You're describing combat ability, though, not exploration and social ability.
Surely though, having these abilities
implies the existence of, y'know, other things that come with it? Hence all the examples I gave earlier, of being highly observant, creatively exploiting opportunities, enduring things one shouldn't be able to endure, etc.
Like...you are demonstrating exactly the thinking that leads to Fighters getting shortchanged. It is
not "let's give this a class," which often produces interesting and worthwhile mechanics (consider that the Bard and Paladin
could have just been rolled into other classes, but instead they are both flavorful and very strong in 5e.) Instead, it's "but all they do is fight, so fighting is all they should get." Both parts of that principle are false; their prodigious skill
manifests most clearly in fighting, but it is the skill that matters, not the fighting produced by it. And, as I've argued, it's just bad design to have classes that simply don't contribute to certain pillars of the game, if "pillar" is supposed to mean something important for play. Doubly so when it's...pretty much only Fighters (and to a lesser extent Barbarians) denied such;
every other class, even some that have design that leaves things to be desired, actually participates SOMEWHAT in every pillar.
Like...it's one thing to argue "every class should have at least one area they're incapable of contributing to, so they
have to depend on others to do that." It's quite another to argue that 5e actually
does that, because every caster class (without exception) can have tools to address all three pillars simultaneously. Those tools might not always be useful in absolutely all situations, but they definitely
are useful for obvious and relatively common situations:
fireball,
invisibility,
enhance ability, etc. And it only takes one or two spells per pillar to be really quite good at that pillar. And some of these are so generally-applicable (such as
enhance ability) that having them
pretty much guarantees having something Very Useful to do at any time....particularly when short rests are uncommon (avg about 1-2 a day, rather than 2-3 a day*) and long rests happen much more frequently than intended (
about every 3-5 encounters, rather than every 6-8*), as the designers have explicitly said.
It's reasonable to say "everyone should have something they're great at, something they're okay at, and something they're poor at." Even if I disagree with that concept
at the level of entire pillars of the game, it's at least a cogent and reasonable position to take. It's not quite so reasonable to say that when
most of the classes in the game don't follow that principle. Worse, when at least several of the game's classes
have never consistently followed that principle in any official edition; for several classes, either they're at least pretty competent at the pillars overall but focused within each one (4e's method), or they only start out poor and become incredibly powerful (early-edition methods), or they're
just good at anything they choose to be good at (3e's "method").

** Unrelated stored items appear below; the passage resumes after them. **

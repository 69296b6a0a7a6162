-- ===== src/Session/Valid.antt =====
-- Initialize, Reinitialize and Transact answer from every valid session and leave a valid one, with
-- the depth of calls that `transact` has: none is `stuck`, and none is a fault.
use qnx_unit_tests.Base.{
  ℕ, suc, ◌^◌, ◌≤◌, List, [], Bool, true, false, not, refl, arith, length, ltb, ◌!=◌, if◌then◌else◌,
}
use qnx_unit_tests.Types.{max_message_size, protocol_version, no_fid}
use qnx_unit_tests.Message.{Message, new}
use qnx_unit_tests.Message.Build.{build_tversion, build_tattach}
use qnx_unit_tests.Message.Parse.{parse_rversion, parse_rattach}
use qnx_unit_tests.Message.Readers.{parse-Reads}
use qnx_unit_tests.Transport.{Transport, Errno, neg32}
use qnx_unit_tests.Session.Path.{bytes_eq}
use qnx_unit_tests.Session.{
  Act, next_tag, allocate_fid, release_fid, allocate_root, release_root, set_aname,
  set_message_size, set_reinitializing, restart, after_attach, attach, after_version,
  initialize_with, reinitialize_with, transact_within, transact, initialize, reinitialize,
  max_retries,
}
use qnx_unit_tests.Session.Keeps.{
  Keeps, Any, Small, IsValid, IsBounded, pure-Keeps, bind-Keeps, if-Keeps, option-Keeps,
  parsed-Keeps, attempts-Keeps,
}

module _ {S : Type 0} (b : Bool) where
  pub next_tag-Keeps : Keeps {S = S} (IsValid b) Any (IsValid b) next_tag
  unfolding next_tag
  next_tag-Keeps = record {
    run = λ s p.
        (_, _, refl, tt, record { flag = p.flag; size = p.size; tag = omega arith; fid = p.fid });
  }

  pub allocate_fid-Keeps : Keeps {S = S} (IsValid b) Any (IsValid b) allocate_fid
  unfolding allocate_fid
  allocate_fid-Keeps = record {
    run = λ s p.
        (_, _, refl, tt, record { flag = p.flag; size = p.size; tag = p.tag; fid = omega arith });
  }

  pub release_fid-Keeps : (fid : ℕ) → Keeps {S = S} (IsValid b) Any (IsValid b) (release_fid fid)
  unfolding release_fid
  release_fid-Keeps fid = record {
    run =
        λ s p. (_, _, refl, tt, record { flag = p.flag; size = p.size; tag = p.tag; fid = p.fid });
  }

module _ {S : Type 0} (t : Transport S) (e : Errno) where
  allocate_root-Keeps : (b : Bool) → Keeps {S = S} (IsValid b) Any (IsValid b) (allocate_root t e)
  unfolding allocate_root
  allocate_root-Keeps b = record {
    run = λ s p.
        (_, _, refl, tt, record { flag = p.flag; size = p.size; tag = p.tag; fid = omega arith });
  }

  release_root-Keeps : (b : Bool) → Keeps {S = S} (IsValid b) Any (IsValid b) (release_root t e)
  unfolding release_root
  release_root-Keeps b = record {
    run =
        λ s p. (_, _, refl, tt, record { flag = p.flag; size = p.size; tag = p.tag; fid = p.fid });
  }

  set_aname-Keeps :
      (b : Bool) (aname : List ℕ) → Keeps {S = S} (IsValid b) Any (IsValid b) (set_aname t e aname)
  unfolding set_aname
  set_aname-Keeps b aname = record {
    run =
        λ s p. (_, _, refl, tt, record { flag = p.flag; size = p.size; tag = p.tag; fid = p.fid });
  }

  set_message_size-Keeps :
      (b : Bool) (n : ℕ)
      → n ≤ max_message_size
      → Keeps {S = S} (IsValid b) Any (IsValid b) (set_message_size t e n)
  unfolding set_message_size
  set_message_size-Keeps b n h = record {
    run = λ s p. (_, _, refl, tt, record { flag = p.flag; size = h; tag = p.tag; fid = p.fid });
  }

  restart-Keeps : Keeps {S = S} (IsValid false) Any (IsValid true) (restart t e)
  unfolding restart
  restart-Keeps = record {
    run = λ s p. (
      _,
      _,
      refl,
      tt,
      record { flag = refl; size = p.size; tag = omega arith; fid = omega arith },
    );
  }

  set_reinitializing-Keeps :
      (b : Bool) → Keeps {S = S} (IsValid b) Any (IsValid false) (set_reinitializing t e false)
  unfolding set_reinitializing
  set_reinitializing-Keeps b = record {
    run = λ s p. (_, _, refl, tt, record { flag = refl; size = p.size; tag = p.tag; fid = p.fid });
  }

  after_attach-Keeps :
      (b : Bool) (reply : ℕ × Message)
      → Small reply
      → Keeps {S = S} (IsValid b) Any (IsValid b) (after_attach t e reply)
  unfolding after_attach
  after_attach-Keeps b (rc, m) h =
      if-Keeps (rc != 0) (bind-Keeps (release_root-Keeps b) (λ u v. pure-Keeps rc tt)) (
        bind-Keeps (parsed-Keeps (parse_rattach m) _ (parse-Reads m [] h).1) λ o v.
          option-Keeps o (bind-Keeps (release_root-Keeps b) (λ u w. pure-Keeps (neg32 e.eio) tt))
            (λ qid. pure-Keeps 0 tt))

  negotiated-le :
      (n : ℕ) → (if ltb n max_message_size then n else max_message_size) ≤ max_message_size
  negotiated-le n = ground arith

  module _ (b : Bool) (send : Message → Message → Act S (ℕ × Message))
      (sends : (request response : Message)
        → length response.bytes ≤ 2 ^ 31
        → Keeps (IsValid b) Small (IsValid b) (send request response)) where
    attach-Keeps :
        (aname : List ℕ) (n : ℕ)
        → Keeps {S = S} (IsValid b) Any (IsValid b) (attach t e send aname n)
    unfolding attach
    attach-Keeps aname n = bind-Keeps (set_message_size-Keeps b _ (negotiated-le n)) λ u v.
        bind-Keeps (allocate_root-Keeps b) λ fid v. bind-Keeps (next_tag-Keeps b) λ tag v.
          bind-Keeps (sends (build_tattach tag fid no_fid [] aname 0) new (omega arith))
            λ reply h. after_attach-Keeps b reply h

    after_version-Keeps :
        (aname : List ℕ) (reply : ℕ × Message)
        → Small reply
        → Keeps {S = S} (IsValid b) Any (IsValid b) (after_version t e send aname reply)
    unfolding after_version
    after_version-Keeps aname (rc, m) h = if-Keeps (rc != 0) (pure-Keeps rc tt) (
        bind-Keeps (parsed-Keeps (parse_rversion m) _ (parse-Reads m [] h).0) λ o v.
          option-Keeps o (pure-Keeps (neg32 e.eio) tt) λ (size, version).
            if-Keeps (not (bytes_eq version protocol_version)) (pure-Keeps (neg32 e.enotsup) tt)
              (attach-Keeps aname size))

    initialize_with-Keeps :
        (aname : List ℕ)
        → Keeps {S = S} (IsValid b) Any (IsValid b) (initialize_with t e send aname)
    unfolding initialize_with
    initialize_with-Keeps aname = bind-Keeps (set_aname-Keeps b aname) λ u v.
        bind-Keeps (sends (build_tversion max_message_size protocol_version) new (omega arith))
          λ reply h. after_version-Keeps aname reply h

module _ {S : Type 0} (t : Transport S) (e : Errno) (bound : IsBounded t) where
  inner-Keeps :
      (nesting : ℕ) (request response : Message)
      → length response.bytes ≤ 2 ^ 31
      → Keeps {S = S}
          (IsValid true)
          Small
          (IsValid true)
          (transact_within t e (suc nesting) request response)
  unfolding transact_within
  inner-Keeps nesting request response h =
      attempts-Keeps t e bound true
        (reinitialize_with t e (initialize_with t e (transact_within t e nesting))) max_retries
        request response h (λ impossible. cc)

  pub reinitialize-Keeps : Keeps {S = S} (IsValid false) Any (IsValid false) (reinitialize t e)
  unfolding reinitialize reinitialize_with
  reinitialize-Keeps = bind-Keeps (restart-Keeps t e) λ aname v.
      bind-Keeps (initialize_with-Keeps t e true (transact_within t e 1) (inner-Keeps 0) aname)
        λ rc v. bind-Keeps (set_reinitializing-Keeps t e true) λ u v. pure-Keeps rc tt

  pub transact-Keeps :
      (request response : Message)
      → length response.bytes ≤ 2 ^ 31
      → Keeps {S = S} (IsValid false) Small (IsValid false) (transact t e request response)
  unfolding transact reinitialize
  transact-Keeps request response h =
      attempts-Keeps t e bound false (reinitialize t e) max_retries request response h
        (λ outer. reinitialize-Keeps)

  pub initialize-Keeps :
      (aname : List ℕ) → Keeps {S = S} (IsValid false) Any (IsValid false) (initialize t e aname)
  unfolding initialize
  initialize-Keeps aname = initialize_with-Keeps t e false (transact t e) transact-Keeps aname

If Fighters are supposed to be held to this standard, maybe we need to clean house for
all of the other classes first, mm?
*These are not absolute numbers, because I don't think the designers have given us any; they've just said that short rests are not happening as often as assumed by their designs, and long rests are happening more often than assumed by their designs, and--importantly--that these divergences are significant enough to negatively impact the intended play experience. But the statements they've made, and the data I've both seen collected and collected myself, thin as it is, loosely corroborate these numbers. Almost everyone who talks about it clearly says that 6-8 encounters a day is incredibly overlong, bordering on exhausting, and while I don't see
too many saying that they skip out on short rests
entirely all that often, taking three short rests during a day would be pretty unusual based on how people discuss it.